The support here in the UK is incredible. I was welcomed into The Royal Marsden, as a NHS patient. My first consultation was with a wonderful haematologist, Dr Dima El-Sharkawi, who patiently explained exactly what I had been through, what I should expect, where the risks lie and how they would be there for me now and forever. How wonderful is that? We walked out of the meeting with Noni in floods and I could see people thinking “poor things, must have been bad news”… but, no, it was the incredible relief from knowing that there is a safety net and you are not alone in this. Initially I had quarterly blood tests and, as I have improved, it is now every six months. But they are always there, ready to answer any question, to listen to any worry, to act upon any issue. It is a family from family and you are made to feel protected in their arms. We are so lucky to have them. There are many support groups too where one can find solace and comfort for any form of cancer. From Macmillan’s to Maggie’s to the Teenage Cancer Trust and others. There is no need to feel alone.

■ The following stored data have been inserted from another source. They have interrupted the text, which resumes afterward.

-- ===== src/Auth/Middleware.antt =====
-- src/auth/middleware.rs: `AuthService::call` and `handle_api_key`. `AuthDeps` is what the layer
-- holds: its strategies (`PermissionLoader`, `RevocationChecker`, `ApiKeyVerifier`,
-- `FeatureEvaluator`), the token codec, the clock, and the header crate's `HeaderValue::to_str`.
pub mod Spec
pub mod Sound
pub mod Complete
pub mod Confined
pub mod Allowlist
pub mod Strategies
pub mod Logout
pub mod Issued
pub mod Tests
use Prim.Native.String
use egras.Prelude.{
  ℕ, String, Bool, not, ◌+◌, ◌*◌, Option, none, some, List, [], ◌∷◌, any, Result, ok, err, ◌>>=◌,
  ok_or, map_err, ◌==◌, String_eq, if◌then◌else◌, bytes, bit_xor,
}
use egras.Json.{Value, as_array, as_str}
use egras.Error.{AppError, unauthenticated}
use egras.Security.ApiKeySecret.{ParsedKey, parse, strip_prefix}
use egras.Auth.Jwt.{Claims, Codec, decode_access_token}
use egras.Auth.Permissions.{PermissionSet, Extensions, Caller, user, api_key, from_codes, intersect}
use egras.Features.Evaluate.{EvaluateError}

pub data HeaderSource : Type 0 where
  x_api_key authorization_bearer : HeaderSource

pub slug : HeaderSource → String
slug x_api_key = "x-api-key"
slug authorization_bearer = "authorization-bearer"

pub record VerifiedKey : Type 0 where
  pub key_id : ℕ
  pub sa_user_id : ℕ
  pub organisation_id : ℕ
  pub scopes : Option (List String)

-- An error of a strategy (`anyhow::Error`).
pub data Fault : Type 0 where
  fault : Fault

pub record AuthDeps : Type 0 where
  pub secret : String
  pub issuer : String
  pub codec : Codec
  pub now : ℕ
  pub to_str : List ℕ → Option (List ℕ)
  pub load : ℕ → ℕ → Result Fault (List String)
  pub is_revoked : ℕ → Result Fault Bool
  pub verify : List ℕ → List ℕ → Result Fault (Option VerifiedKey)
  pub evaluate : ℕ → String → Result EvaluateError Value

-- The two headers that the layer reads, by their first values.
pub record Request : Type 0 where
  pub x_api_key : Option (List ℕ)
  pub authorization : Option (List ℕ)

-- An early return: the response of an `AppError`, or the plain 500 of a failed strategy.
pub data Denial : Type 0 where
  app_error : AppError → Denial
  internal_error : Denial

-- What is handed to the inner service, and the key whose `last_used_at` is touched meanwhile.
pub record Forwarded : Type 0 where
  pub extensions : Extensions
  pub touched : Option (ℕ × ℕ)

abbrev pub denied : String → Denial
denied reason = app_error (unauthenticated reason)

abbrev or_internal {ℓ} : {E A : Type ℓ} → Result E A → Result Denial A
or_internal r = map_err (λ _. internal_error) r

-- `arr.iter().filter_map(|v| v.as_str()…)`
strings_of : List Value → List String
strings_of [] = []
strings_of (v ∷ vs) = elim (as_str v) [ none ↦ strings_of vs | some s ↦ s ∷ strings_of vs ]

abbrev scoped : PermissionSet → Option (List String) → PermissionSet
scoped perms none = perms
scoped perms (some scopes) = intersect perms scopes

abbrev and_then {ℓ κ} : {A : Type ℓ} {B : Type κ} → Option A → (A → Option B) → Option B
and_then none f = none
and_then (some a) f = f a

module _ (deps : AuthDeps) where
  abbrev key_claims : VerifiedKey → Claims
  key_claims verified = record {
    sub = verified.sa_user_id;
    org = verified.organisation_id;
    iat = deps.now;
    exp = deps.now + 365 * 24 * 3600;
    jti = bit_xor verified.key_id 0xA1A1A1A1;
    iss = deps.issuer;
    typ = "access";
  }

  handle_api_key : ParsedKey → HeaderSource → Result Denial Forwarded
  unfolding strings_of
  handle_api_key key source = do
    found ← or_internal (deps.verify key.prefix key.secret)
    verified ← ok_or found (denied "invalid_api_key")
    allowlist_value ← or_internal (deps.evaluate verified.organisation_id "auth.api_key_headers")
    arr ← ok_or (as_array allowlist_value) internal_error
    if not (any (λ h. h == slug source) (strings_of arr))
        then err (denied (String.◌++◌ "api_key_header_not_allowed:" (slug source)))
        else do
          codes ← or_internal (deps.load verified.sa_user_id verified.organisation_id)
          ok (record {
            extensions = record {
              claims = some (key_claims verified);
              permissions = some (scoped (from_codes codes) verified.scopes);
              caller = some (api_key verified.key_id verified.sa_user_id verified.organisation_id);
            };
            touched = some (verified.key_id, verified.sa_user_id);
          })

  -- Step 4 of `call`.
  handle_jwt : List ℕ → Result Denial Forwarded
  handle_jwt token = do
    claims ←
        ok_or (decode_access_token deps.codec deps.secret deps.issuer deps.now token)
          (denied "invalid_token")
    revoked ← or_internal (deps.is_revoked claims.jti)
    if revoked then err (denied "token_revoked") else do
      codes ← or_internal (deps.load claims.sub claims.org)
      ok (record {
        extensions = record {
          claims = some claims;
          permissions = some (from_codes codes);
          caller = some (user claims.sub claims.org claims.jti);
        };
        touched = none;
      })

  pub x_api_key_token : Request → Option (List ℕ)
  x_api_key_token req = and_then req.x_api_key deps.to_str

  pub bearer_token : Request → Option (List ℕ)
  bearer_token req =
      and_then req.authorization (λ v. and_then (deps.to_str v) (strip_prefix (bytes "Bearer ")))

  -- Steps 2 and 3 of `call`.
  with_token : List ℕ → HeaderSource → Result Denial Forwarded
  unfolding handle_api_key handle_jwt
  with_token token x_api_key = elim (parse token) [
    | none ↦ err (denied "invalid_api_key")
    | some key ↦ handle_api_key key x_api_key
  ]
  with_token token authorization_bearer = elim (parse token) [
    | some key ↦ handle_api_key key authorization_bearer
    | none ↦ handle_jwt token
  ]

  -- Step 1 chooses the credential: `X-API-Key` before `Authorization`.
  pub call : Request → Result Denial Forwarded
  call req = elim (x_api_key_token req) [
    | some token ↦ with_token token x_api_key
    | none ↦ elim (bearer_token req) [
      | some token ↦ with_token token authorization_bearer
      | none ↦ err (denied "missing_credentials")
    ]
  ]
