-- ===== src/Features/Model/Typing.antt =====
-- What it is for a value to have a declared type, and that `validate` decides it.
use mathlib.Core.Bool.{and-eq-true_iff}
use egras.Prelude.{ℕ, Bool, true, List, [], ◌∷◌, all, All, ok, ◌≡◌, ◌↔◌, refl, arith}
use egras.Json
use egras.Json.{Value, items, is_string}
use egras.Features.Model.{FeatureValueType, bool, string, int, enum_set, json, validate}

module _ (is_i64 : ℕ → Bool) where
  -- The types as the wiki describes them, by what a value of each looks like.
  pub data HasType : FeatureValueType → Value → Type 0 where
    a_bool : {b : Bool} → HasType bool (Json.bool b)
    a_string : {s : _} → HasType string (Json.string s)
    an_int : {n : ℕ} → is_i64 n ≡ true → HasType int (Json.number n)
    strings :
        {vs : Json.Items}
        → All (λ v. is_string v ≡ true) (items vs)
        → HasType enum_set (Json.array vs)
    anything : {v : Value} → HasType json v

all_sound : (vs : List Value) → all is_string vs ≡ true → All (λ v. is_string v ≡ true) vs
all_sound [] h = tt
all_sound (v ∷ vs) h = let (p, q) = (and-eq-true_iff _ _).0 h in (p, all_sound vs q)

all_complete : (vs : List Value) → All (λ v. is_string v ≡ true) vs → all is_string vs ≡ true
all_complete [] h = refl
all_complete (v ∷ vs) (p, h) = (and-eq-true_iff _ _).1 (p, all_complete vs h)

module _ (is_i64 : ℕ → Bool) where
  validate_sound :
      (t : FeatureValueType) (v : Value) → validate is_i64 t v ≡ ok tt → HasType is_i64 t v
  unfolding validate
  validate_sound bool (Json.bool b) h = a_bool
  validate_sound string (Json.string s) h = a_string
  validate_sound int (Json.number n) h = an_int (ground arith)
  validate_sound enum_set (Json.array vs) h = strings (all_sound (items vs) (ground arith))
  validate_sound json v h = anything
  validate_sound _ _ h = cc

  validate_complete :
      {t : FeatureValueType} {v : Value} → HasType is_i64 t v → validate is_i64 t v ≡ ok tt
  unfolding validate
  validate_complete a_bool = refl
  validate_complete a_string = refl
  validate_complete (an_int h) = rw h
  validate_complete (strings {vs} h) = rw (all_complete (items vs) h)
  validate_complete anything = refl

  -- `validate` accepts exactly the values of the declared type: Booleans, strings, numbers that fit
  -- an `i64`, arrays of strings only, and for `json` every value.
  pub validate_iff :
      (t : FeatureValueType) (v : Value) → (validate is_i64 t v ≡ ok tt) ↔ HasType is_i64 t v
  validate_iff t v = (validate_sound t v, validate_complete)
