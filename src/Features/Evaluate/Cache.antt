-- ===== src/Features/Evaluate/Cache.antt =====
-- The cache as a map from (organisation, slug) to entries.
use egras.Prelude.{
  Bool, Option, Result, ok, ltb, ◌+◌, ℕ, String, List, [], ◌∷◌, All, none, some, ◌≡◌, ◌&&◌, arith,
  beq_iff, ◌==◌, String_eq, ℕ_eq, if◌then◌else◌, Bool-cases, inl, inr,
}
use egras.Json.{Value}
use egras.Features.Repository.{Db, Query}
use egras.Features.Evaluate.{
  EvaluateError, evaluate, evaluate_at, load, fill, CachedValue, PgFeatureEvaluator, cache_get,
  cache_remove, cache_hit, invalidate,
}

pub cache_get-cache_remove :
    (org : ℕ) (slug : String) (o : ℕ) (s : String) (cache : List CachedValue)
    → cache_get o s (cache_remove org slug cache)
      ≡ (if org == o && slug == s then none else cache_get o s cache)
unfolding cache_get cache_remove
cache_get-cache_remove org slug o s [] = ground arith
cache_get-cache_remove org slug o s (c ∷ cache) = ground (
  arith,
  beq_iff c.slug slug,
  beq_iff slug s,
  beq_iff c.slug s,
  cache_get-cache_remove org slug o s cache,
)

-- What holds of every entry holds of those that are left, and of the one that is found.
module _ {ℓ} (P : CachedValue → Type ℓ) where
  pub All-cache_remove :
      (org : ℕ) (slug : String) (cache : List CachedValue)
      → All P cache
      → All P (cache_remove org slug cache)
  unfolding cache_remove
  All-cache_remove org slug [] h = tt
  All-cache_remove org slug (c ∷ cache) (p, h) =
      let rest = All-cache_remove org slug cache h in
      elim (Bool-cases (c.org == org && c.slug == slug)) [
        | inl same ↦ rw same rest
        | inr other ↦ rw other (p, rest)
      ]

  pub All-cache_get :
      (org : ℕ) (slug : String) (cache : List CachedValue) (c : CachedValue)
      → All P cache
      → cache_get org slug cache ≡ some c
      → P c × (c.org ≡ org) × (c.slug ≡ slug)
  unfolding cache_get
  All-cache_get org slug [] c h e = cc
  All-cache_get org slug (d ∷ cache) c (p, h) e =
      elim (Bool-cases (d.org == org && d.slug == slug)) [
        | inl same ↦
            let found : d ≡ c = ground arith in
            rw (← found) (p, ground arith, ground (arith, beq_iff d.slug slug))
        | inr other ↦ All-cache_get org slug cache c h (ground arith)
      ]

-- After `invalidate` the key has no live entry, and every other key answers as before.
pub cache_hit-invalidate :
    (now org : ℕ) (slug : String) (o : ℕ) (s : String) (ev : PgFeatureEvaluator)
    → cache_hit now o s (invalidate org slug ev)
      ≡ (if org == o && slug == s then none else cache_hit now o s ev)
unfolding cache_hit invalidate
cache_hit-invalidate now org slug o s ev =
    ground (arith, cache_get-cache_remove org slug o s ev.cache)

-- What `evaluate` answers: the live entry, else what the tables say.
abbrev pub answer : Option Value → Result EvaluateError Value → Result EvaluateError Value
answer (some v) r = ok v
answer none r = r

pub evaluate-answer :
    (fails : Query → Bool) (now org : ℕ) (slug : String) (db : Db) (ev : PgFeatureEvaluator)
    → (evaluate fails now org slug db ev).0
      ≡ answer (cache_hit now org slug ev) (load fails org slug db)
unfolding evaluate_at
evaluate-answer fails now org slug db ev = ground arith

pub cache_hit-fill :
    (t s org : ℕ) (slug : String) (v : Value) (o : ℕ) (k : String) (ev : PgFeatureEvaluator)
    → cache_hit t o k (fill s org slug v ev) ≡ (
        if org == o && slug == k
        then (if ltb t (s + ev.ttl) then some v else none)
        else cache_hit t o k ev)
unfolding cache_hit fill cache_get
cache_hit-fill t s org slug v o k ev = ground (arith, cache_get-cache_remove org slug o k ev.cache)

I completed the London Marathon, running for a leukemia charity, in just under four hours, slightly slower than I had done 20 years previously, but not too bad. Noni and the kids cheered me on and I felt tremendous achievement and a release of sorts. So now we live in a lovely place, with our children all in the same country and often at home. We all suffered but they pulled me through with their unconditional love and extraordinary determination. When my step-father was himself dying of small-cell cancer, Noni was always there; I remember when he was slipping in and out of consciousness, he saw Noni and said, “Ash, I can see an angel.” She truly is. Noni looks after me and guides me through every day – keeping a beady eye on my sugar intake and catching my eye as I greedily reach for a second glass of wine. I am drinking some alcohol now in moderation, but very little. Frankly I can barely drink now anyway – I get what the kids call “greasy eyes” and turn a vibrant shade of pink. Not a good look. I think she also kind of likes me again (although I am still ‘a bit of a dick’).
But the truth is I do also put on a brave face. I feel as though I won that particular battle but I know I am weakened, I am vulnerable, and there is still a war to fight, which I may yet lose. But, in the meantime, I am a better person and will strive to improve – it is so important to self analyse and assess whether you are the person you want to be. I never did that before, so I suppose cancer has also helped me. I will be that friend who stands by you when you fall. I will be that husband who loves you unconditionally. I will be that father who protects you to the very end. I will be that stranger who will tell you to go to a doctor when you feel sick… and to keep going back and back again until you have it nailed. Never give up.